Work required:
For this exercise, output the line containing "(services_of notifier draws)" and all lines after it to the end of the records, exactly, with no other content.

Records to process:
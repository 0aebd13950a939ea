-- ===== src/Server/Startup.antt =====
-- misc/server/cmd/mitra_tunneld/main.go up to `Run` of its engine, with the plug-ins of auth.go,
-- notify.go and store_memory.go that it starts, and `Start` of services.go. The goroutine that `Start`
-- leaves behind makes the steps `expires` of Peers.
use securetunnel.Base.{
  ℕ, ◌≡◌, refl, ap, Bool, true, false, List, [], ◌∷◌, ◌++◌, Option, none, some, Text, codes, arith,
  All, map,
}
use securetunnel.Cmd.Logger.{Logs, LoggerError, debug, setup_logger, setup_logger-on}
use securetunnel.Server.Id.{Draws, IdTokenGen}
use securetunnel.Server.Tunnel.{Tunnel}
use securetunnel.Server.Store.{MemoryStore}
use securetunnel.Server.Peers.{Manager}
use securetunnel.Server.Peers
use securetunnel.Server.World.{Services, World, status_ok}
use securetunnel.Server.Routes.{Route, routes}

-- `Authorizer`, over the type of requests: the error of `Init`, the codes of `Login` and `Logout`, and
-- the error of `HasAuth`.
pub record Authorizer (R : Type 0) : Type 0 where
  pub init : Option Text
  pub login : R → ℕ
  pub logout : R → ℕ
  pub has_auth : R → Option Text

unfoldable pub nil_authorizer : {R : Type 0} → Authorizer R
nil_authorizer = record {
  init = none;
  login = λ r. status_ok;
  logout = λ r. status_ok;
  has_auth = λ r. none;
}

pub record Notifier : Type 0 where
  pub init : Option Text
  pub notify : Tunnel → Option Text

unfoldable pub nil_notifier : Notifier
nil_notifier = record { init = none; notify = λ t. none }

-- `Init` of `MemoryStore`: its error, and the store.
unfoldable pub init_store : Option Text × MemoryStore
init_store = (none, record { tunnel_table = []; connection_table = [] })

-- The loop over the plug-ins, by the names of their types: the first that fails, with its error.
unfoldable pub init_all : List (Text × Option Text) → Option (Text × Text)
init_all [] = none
init_all ((name, error) ∷ rest) = elim error [ some e ↦ some (name, e) | none ↦ init_all rest ]

-- The variables at the top of the file.
abbrev pub config_digits : IdTokenGen
config_digits = record { tunnel_id_digit = 3; token_digit = 3; connection_id_digit = 3 }

abbrev pub need_auth : Bool
need_auth = false

abbrev pub debug_mode : Bool
debug_mode = true

abbrev pub log_level : Text
log_level = codes "debug"

-- `svc`. The draws are those of crypto/rand.
unfoldable pub services_of : Notifier → Draws → Services
services_of notifier draws = record {
  id_token_gen = config_digits;
  need_auth = need_auth;
  inter_server_network = codes "tcp";
  inter_server_address = codes "0.0.0.0:18081";
  draws = draws;
  notify = notifier.notify;
}

-- `Start` of `Services`, which has no error.
unfoldable pub start : Services → Option Text × Manager
start svc = (none, Peers.start)

-- The process exits with status 1, or its engine runs.
pub data Outcome : Type 0 where
  exit_logger : LoggerError → Outcome
  exit_plugin : Text → Text → Outcome
  exit_start : Text → Outcome
  serves : Services → World → Manager → List Route → Outcome

abbrev pub plugins : {R : Type 0} → Authorizer R → Notifier → List (Text × Option Text)
unfolding init_store
plugins authorizer notifier =
    (codes "*server.NilAuthorizer", authorizer.init)
    ∷ (codes "*server.MemoryStore", init_store.0)
    ∷ (codes "*server.NilNotifier", notifier.init)
    ∷ []

unfoldable pub start_services : Services → Outcome
unfolding init_store start
start_services svc = elim (start svc).0 [
  | some e ↦ exit_start e
  | none ↦
      serves svc (record { store = init_store.1; peers = []; draw = 0 }) (start svc).1
        (routes debug_mode)
]

-- `main`, with the plug-ins as parameters.
unfoldable pub launch :
    {R : Type 0} → (ℕ → ℕ) → Bool → Authorizer R → Notifier → Draws → Logs → Outcome
unfolding init_all services_of start_services
launch to_lower build_ok authorizer notifier draws logs =
    elim (setup_logger to_lower build_ok log_level logs).0 [
      | some e ↦ exit_logger e
      | none ↦ elim (init_all (plugins authorizer notifier)) [
        | some (name, e) ↦ exit_plugin name e
        | none ↦ start_services (services_of notifier draws)
      ]
    ]

-- The loop stops at a plug-in exactly if it fails and those before it do not.
pub init_all-first :
    (ps : List (Text × Option Text)) (name e : Text)
    → init_all ps ≡ some (name, e)
    → (before after : List (Text × Option Text)) × (ps ≡ before ++ ((name, some e) ∷ after))
      × All (λ p. p.1 ≡ none) before
unfolding init_all
init_all-first [] name e h = absurd (ground arith)
init_all-first ((n, some x) ∷ ps) name e h = ([], ps, ground arith, tt)
init_all-first ((n, none) ∷ ps) name e h =
    let (before, after, split, quiet) = init_all-first ps name e h in
    ((n, none) ∷ before, after, ap (◌∷◌ (n, none)) split, (refl, quiet))

abbrev pub first_world : World
first_world = record {
  store = record { tunnel_table = []; connection_table = [] };
  peers = [];
  draw = 0;
}

-- With the plug-ins that it has, the process serves with an empty store and no connection, whatever
-- the draws are, if the logger can be built and lower case leaves the name of the level alone.
pub launch-nil :
    (R : Type 0) (to_lower : ℕ → ℕ) (draws : Draws) (logs : Logs)
    → map to_lower log_level ≡ log_level
    → launch to_lower true (nil_authorizer {R = R}) nil_notifier draws logs
      ≡ serves (services_of nil_notifier draws) first_world Peers.start (routes true)
unfolding launch nil_authorizer nil_notifier
launch-nil R to_lower draws logs same =
    rw ((setup_logger-on to_lower log_level debug debug logs same).0, launch) refl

Answer to the exercise:
        | none ↦ start_services (services_of notifier draws)
      ]
    ]

-- The loop stops at a plug-in exactly if it fails and those before it do not.
pub init_all-first :
    (ps : List (Text × Option Text)) (name e : Text)
    → init_all ps ≡ some (name, e)
    → (before after : List (Text × Option Text)) × (ps ≡ before ++ ((name, some e) ∷ after))
      × All (λ p. p.1 ≡ none) before
unfolding init_all
init_all-first [] name e h = absurd (ground arith)
init_all-first ((n, some x) ∷ ps) name e h = ([], ps, ground arith, tt)
init_all-first ((n, none) ∷ ps) name e h =
    let (before, after, split, quiet) = init_all-first ps name e h in
    ((n, none) ∷ before, after, ap (◌∷◌ (n, none)) split, (refl, quiet))

abbrev pub first_world : World
first_world = record {
  store = record { tunnel_table = []; connection_table = [] };
  peers = [];
  draw = 0;
}

-- With the plug-ins that it has, the process serves with an empty store and no connection, whatever
-- the draws are, if the logger can be built and lower case leaves the name of the level alone.
pub launch-nil :
    (R : Type 0) (to_lower : ℕ → ℕ) (draws : Draws) (logs : Logs)
    → map to_lower log_level ≡ log_level
    → launch to_lower true (nil_authorizer {R = R}) nil_notifier draws logs
      ≡ serves (services_of nil_notifier draws) first_world Peers.start (routes true)
unfolding launch nil_authorizer nil_notifier
launch-nil R to_lower draws logs same =
    rw ((setup_logger-on to_lower log_level debug debug logs same).0, launch) refl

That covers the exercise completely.